[DATA IN THIS EXERCISE — start]

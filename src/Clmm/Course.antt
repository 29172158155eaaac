-- ===== src/Clmm/Course.antt =====
-- quote/clmm.rs: what `swap_exact_in_pool_within` reads, its variables, and where it starts.
use flow_trades_solana.Base.{
  ℕ, suc, ◌+◌, ◌-◌, Bool, Option, none, some, List, [], ◌∷◌, if◌then◌else◌,
}
use flow_trades_solana.Base.Int.{ℤ, pos, ◌-ℤ◌, leb_ℤ, min_ℤ, max_ℤ}
use flow_trades_solana.Clmm.Ticks.{TickLayout, TickData}
use flow_trades_solana.Clmm.Raydium.{fee_on_input}
use flow_trades_solana.Clmm.Fees.{ClmmPool, StepFee}

abbrev pub raydium_min_sqrt_price_x64 : ℕ
raydium_min_sqrt_price_x64 = 4_295_048_016

abbrev pub raydium_max_sqrt_price_x64 : ℕ
raydium_max_sqrt_price_x64 = 79_226_673_521_066_979_257_578_248_091

abbrev pub orca_max_sqrt_price_x64 : ℕ
orca_max_sqrt_price_x64 = 79_226_673_515_401_279_992_447_579_055

-- What the walk reads and does not change.
pub record Course : Type 0 where
  pub pool : ClmmPool
  pub ticks : TickData
  pub a_to_b : Bool
  pub on_input : Bool
  pub limit : ℕ
  pub edge_lo : ℤ
  pub edge_hi : ℤ

-- The variables of the loops.
pub record Position : Type 0 where
  pub remaining : ℕ
  pub sqrt_p : ℕ
  pub tick : ℤ
  pub liq : ℕ
  pub liq_next : ℕ
  pub out : ℕ
  pub crossed : ℕ
  pub steps : ℕ
  pub fee : StepFee
  pub idx : ℤ

-- The tick ahead, its price, where the walk must stop, and the liquidity that it adds, where it is one.
pub record Target : Type 0 where
  pub tick : ℤ
  pub price : ℕ
  pub target : ℕ
  pub net : Option ℤ

unfoldable pub limit_of : TickLayout → Bool → ℕ
limit_of TickLayout.raydium a_to_b =
    if a_to_b then raydium_min_sqrt_price_x64 + 1 else raydium_max_sqrt_price_x64 - 1
limit_of TickLayout.orca a_to_b =
    if a_to_b then raydium_min_sqrt_price_x64 else orca_max_sqrt_price_x64
limit_of TickLayout.fusion a_to_b =
    if a_to_b then raydium_min_sqrt_price_x64 else orca_max_sqrt_price_x64

-- `partition_point(|(t, _)| *t <= tick)`, on ascending ticks.
unfoldable pub not_above : ℤ → List (ℤ × ℤ) → ℕ
not_above tick [] = 0
not_above tick ((t, net) ∷ rest) = if leb_ℤ t tick then suc (not_above tick rest) else 0

unfoldable pub course : ClmmPool → TickData → Bool → Option ℤ → Course
course pool ticks a_to_b bound = record {
  pool = pool;
  ticks = ticks;
  a_to_b = a_to_b;
  on_input = fee_on_input pool.fee_ext a_to_b;
  limit = limit_of pool.layout a_to_b;
  edge_lo = elim bound [
    | none ↦ ticks.covered_lo
    | some b ↦ if a_to_b then max_ℤ ticks.covered_lo b else ticks.covered_lo
  ];
  edge_hi = elim bound [
    | none ↦ ticks.covered_hi
    | some b ↦ if a_to_b then ticks.covered_hi else min_ℤ ticks.covered_hi b
  ];
}

unfoldable pub begin : ClmmPool → TickData → Bool → ℕ → StepFee → Position
begin pool ticks a_to_b amount_in fee =
    let first = pos (not_above pool.tick_current ticks.ticks) in
    record {
      remaining = amount_in;
      sqrt_p = pool.sqrt_price_x64;
      tick = pool.tick_current;
      liq = pool.liquidity;
      liq_next = pool.liquidity;
      out = 0;
      crossed = 0;
      steps = 0;
      fee = fee;
      idx = if a_to_b then first -ℤ pos 1 else first;
    }
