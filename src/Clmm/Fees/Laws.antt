-- ===== src/Clmm/Fees/Laws.antt =====
-- quote/clmm.rs: the static fee, of the three kinds of a step's fee.
use flow_trades_solana.Base.{ℕ, Bool, true, none, some, ◌≡◌, refl}
use flow_trades_solana.Base.Int.{ℤ}
use flow_trades_solana.Clmm.Ticks.{TickLayout}
use flow_trades_solana.Clmm.Fees.{ClmmPool, StepFee, new_step_fee, step, advance}

pub step_static :
    (base target liquidity spacing : ℕ) (layout : TickLayout) (a_to_b : Bool)
    → step StepFee.static base target liquidity spacing layout a_to_b
      ≡ some (record { fee = StepFee.static; rate = base; bounded = target; skipped = true })
unfolding step
step_static base target liquidity spacing layout a_to_b = refl

pub advance_static :
    (skipped : Bool) (sqrt_p next_tick_price : ℕ) (next_tick tick : ℤ) (spacing : ℕ) (a_to_b : Bool)
    → advance StepFee.static skipped sqrt_p next_tick_price next_tick tick spacing a_to_b
      ≡ some StepFee.static
unfolding advance
advance_static skipped sqrt_p next_tick_price next_tick tick spacing a_to_b = refl

pub new_step_fee_static :
    (pool : ClmmPool)
    → pool.fee_ext.dynamic_fee ≡ none
    → pool.adaptive_fee ≡ none
    → new_step_fee pool ≡ some StepFee.static
unfolding new_step_fee
new_step_fee_static pool d a = rw d (rw a refl)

[DATA IN THIS EXERCISE — finish]

◆ WORK REQUIRED
Starting at the line that has "a_to_b = a_to_b;" in the records above, restate word for word every line until the one that has "unfolding advance", and include that one as well.

◆ FINISHED TASK
  a_to_b = a_to_b;
  on_input = fee_on_input pool.fee_ext a_to_b;
  limit = limit_of pool.layout a_to_b;
  edge_lo = elim bound [
    | none ↦ ticks.covered_lo
    | some b ↦ if a_to_b then max_ℤ ticks.covered_lo b else ticks.covered_lo
  ];
  edge_hi = elim bound [
    | none ↦ ticks.covered_hi
    | some b ↦ if a_to_b then ticks.covered_hi else min_ℤ ticks.covered_hi b
  ];
}

unfoldable pub begin : ClmmPool → TickData → Bool → ℕ → StepFee → Position
begin pool ticks a_to_b amount_in fee =
    let first = pos (not_above pool.tick_current ticks.ticks) in
    record {
      remaining = amount_in;
      sqrt_p = pool.sqrt_price_x64;
      tick = pool.tick_current;
      liq = pool.liquidity;
      liq_next = pool.liquidity;
      out = 0;
      crossed = 0;
      steps = 0;
      fee = fee;
      idx = if a_to_b then first -ℤ pos 1 else first;
    }
filename src/Clmm/Fees/Laws.antt
-- ===== src/Clmm/Fees/Laws.antt =====
-- quote/clmm.rs: the static fee, of the three kinds of a step's fee.
use flow_trades_solana.Base.{ℕ, Bool, true, none, some, ◌≡◌, refl}
use flow_trades_solana.Base.Int.{ℤ}
use flow_trades_solana.Clmm.Ticks.{TickLayout}
use flow_trades_solana.Clmm.Fees.{ClmmPool, StepFee, new_step_fee, step, advance}

pub step_static :
    (base target liquidity spacing : ℕ) (layout : TickLayout) (a_to_b : Bool)
    → step StepFee.static base target liquidity spacing layout a_to_b
      ≡ some (record { fee = StepFee.static; rate = base; bounded = target; skipped = true })
unfolding step
step_static base target liquidity spacing layout a_to_b = refl

pub advance_static :
    (skipped : Bool) (sqrt_p next_tick_price : ℕ) (next_tick tick : ℤ) (spacing : ℕ) (a_to_b : Bool)
    → advance StepFee.static skipped sqrt_p next_tick_price next_tick tick spacing a_to_b
      ≡ some StepFee.static
unfolding advance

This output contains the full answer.